■ About this task
Find the line containing "let m = pos_part parity_shards" in the records below. Copy exactly that line and each one after it, ending at the line containing "shards ← or_fail (e.rs.encode", and nothing more.

[Start of Attachment]

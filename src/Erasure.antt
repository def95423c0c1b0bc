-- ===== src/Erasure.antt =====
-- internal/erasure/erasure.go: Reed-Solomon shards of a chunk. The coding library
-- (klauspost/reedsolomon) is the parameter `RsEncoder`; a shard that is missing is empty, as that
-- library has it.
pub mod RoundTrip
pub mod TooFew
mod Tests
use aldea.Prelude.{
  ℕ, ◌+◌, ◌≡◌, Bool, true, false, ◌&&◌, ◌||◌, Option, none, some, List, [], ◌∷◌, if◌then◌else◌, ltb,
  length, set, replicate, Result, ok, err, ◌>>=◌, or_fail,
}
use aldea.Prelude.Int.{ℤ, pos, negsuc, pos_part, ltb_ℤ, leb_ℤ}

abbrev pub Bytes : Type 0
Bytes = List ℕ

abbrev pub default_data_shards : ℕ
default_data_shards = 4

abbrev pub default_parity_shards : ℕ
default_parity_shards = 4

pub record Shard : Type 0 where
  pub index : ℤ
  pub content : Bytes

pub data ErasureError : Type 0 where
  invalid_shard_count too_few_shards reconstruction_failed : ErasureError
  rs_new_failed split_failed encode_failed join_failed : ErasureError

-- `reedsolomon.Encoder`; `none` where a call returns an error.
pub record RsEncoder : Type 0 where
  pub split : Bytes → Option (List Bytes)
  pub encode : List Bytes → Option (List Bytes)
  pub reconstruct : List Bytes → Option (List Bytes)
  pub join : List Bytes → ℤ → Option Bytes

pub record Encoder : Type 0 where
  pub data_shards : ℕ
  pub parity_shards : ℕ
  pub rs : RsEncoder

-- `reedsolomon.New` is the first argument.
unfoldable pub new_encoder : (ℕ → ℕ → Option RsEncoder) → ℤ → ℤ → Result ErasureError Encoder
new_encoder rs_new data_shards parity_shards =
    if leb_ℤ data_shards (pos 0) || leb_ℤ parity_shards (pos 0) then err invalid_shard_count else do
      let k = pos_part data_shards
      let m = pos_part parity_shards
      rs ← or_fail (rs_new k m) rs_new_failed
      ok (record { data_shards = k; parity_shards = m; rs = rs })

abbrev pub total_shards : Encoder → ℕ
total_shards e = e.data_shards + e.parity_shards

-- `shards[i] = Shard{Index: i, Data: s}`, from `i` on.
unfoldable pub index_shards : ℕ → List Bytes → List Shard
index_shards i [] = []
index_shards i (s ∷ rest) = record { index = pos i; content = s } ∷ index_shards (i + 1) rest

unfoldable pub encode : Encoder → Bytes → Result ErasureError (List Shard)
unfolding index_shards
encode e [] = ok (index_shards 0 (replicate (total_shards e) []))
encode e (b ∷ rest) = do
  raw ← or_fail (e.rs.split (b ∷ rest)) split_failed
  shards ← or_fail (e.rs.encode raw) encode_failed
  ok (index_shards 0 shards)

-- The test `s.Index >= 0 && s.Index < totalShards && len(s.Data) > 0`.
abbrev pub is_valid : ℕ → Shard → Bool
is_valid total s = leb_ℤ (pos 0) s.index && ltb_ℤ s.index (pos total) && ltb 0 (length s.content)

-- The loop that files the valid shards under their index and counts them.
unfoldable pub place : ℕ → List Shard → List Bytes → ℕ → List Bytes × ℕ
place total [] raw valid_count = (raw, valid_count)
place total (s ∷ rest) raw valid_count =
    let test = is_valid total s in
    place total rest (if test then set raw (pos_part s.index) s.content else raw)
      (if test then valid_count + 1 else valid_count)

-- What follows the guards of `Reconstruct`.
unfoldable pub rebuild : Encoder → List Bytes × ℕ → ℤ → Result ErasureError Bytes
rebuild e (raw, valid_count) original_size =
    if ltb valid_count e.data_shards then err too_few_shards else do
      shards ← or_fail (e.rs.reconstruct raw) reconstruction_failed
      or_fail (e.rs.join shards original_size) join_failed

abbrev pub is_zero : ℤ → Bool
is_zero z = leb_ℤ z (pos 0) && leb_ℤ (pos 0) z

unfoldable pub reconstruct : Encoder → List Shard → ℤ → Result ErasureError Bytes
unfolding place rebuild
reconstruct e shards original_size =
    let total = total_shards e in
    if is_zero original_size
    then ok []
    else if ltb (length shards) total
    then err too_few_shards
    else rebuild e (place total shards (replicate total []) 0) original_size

[End of Attachment]

■ Answer box
      let m = pos_part parity_shards
      rs ← or_fail (rs_new k m) rs_new_failed
      ok (record { data_shards = k; parity_shards = m; rs = rs })

abbrev pub total_shards : Encoder → ℕ
total_shards e = e.data_shards + e.parity_shards

-- `shards[i] = Shard{Index: i, Data: s}`, from `i` on.
unfoldable pub index_shards : ℕ → List Bytes → List Shard
index_shards i [] = []
index_shards i (s ∷ rest) = record { index = pos i; content = s } ∷ index_shards (i + 1) rest

unfoldable pub encode : Encoder → Bytes → Result ErasureError (List Shard)
unfolding index_shards
encode e [] = ok (index_shards 0 (replicate (total_shards e) []))
encode e (b ∷ rest) = do
  raw ← or_fail (e.rs.split (b ∷ rest)) split_failed
  shards ← or_fail (e.rs.encode raw) encode_failed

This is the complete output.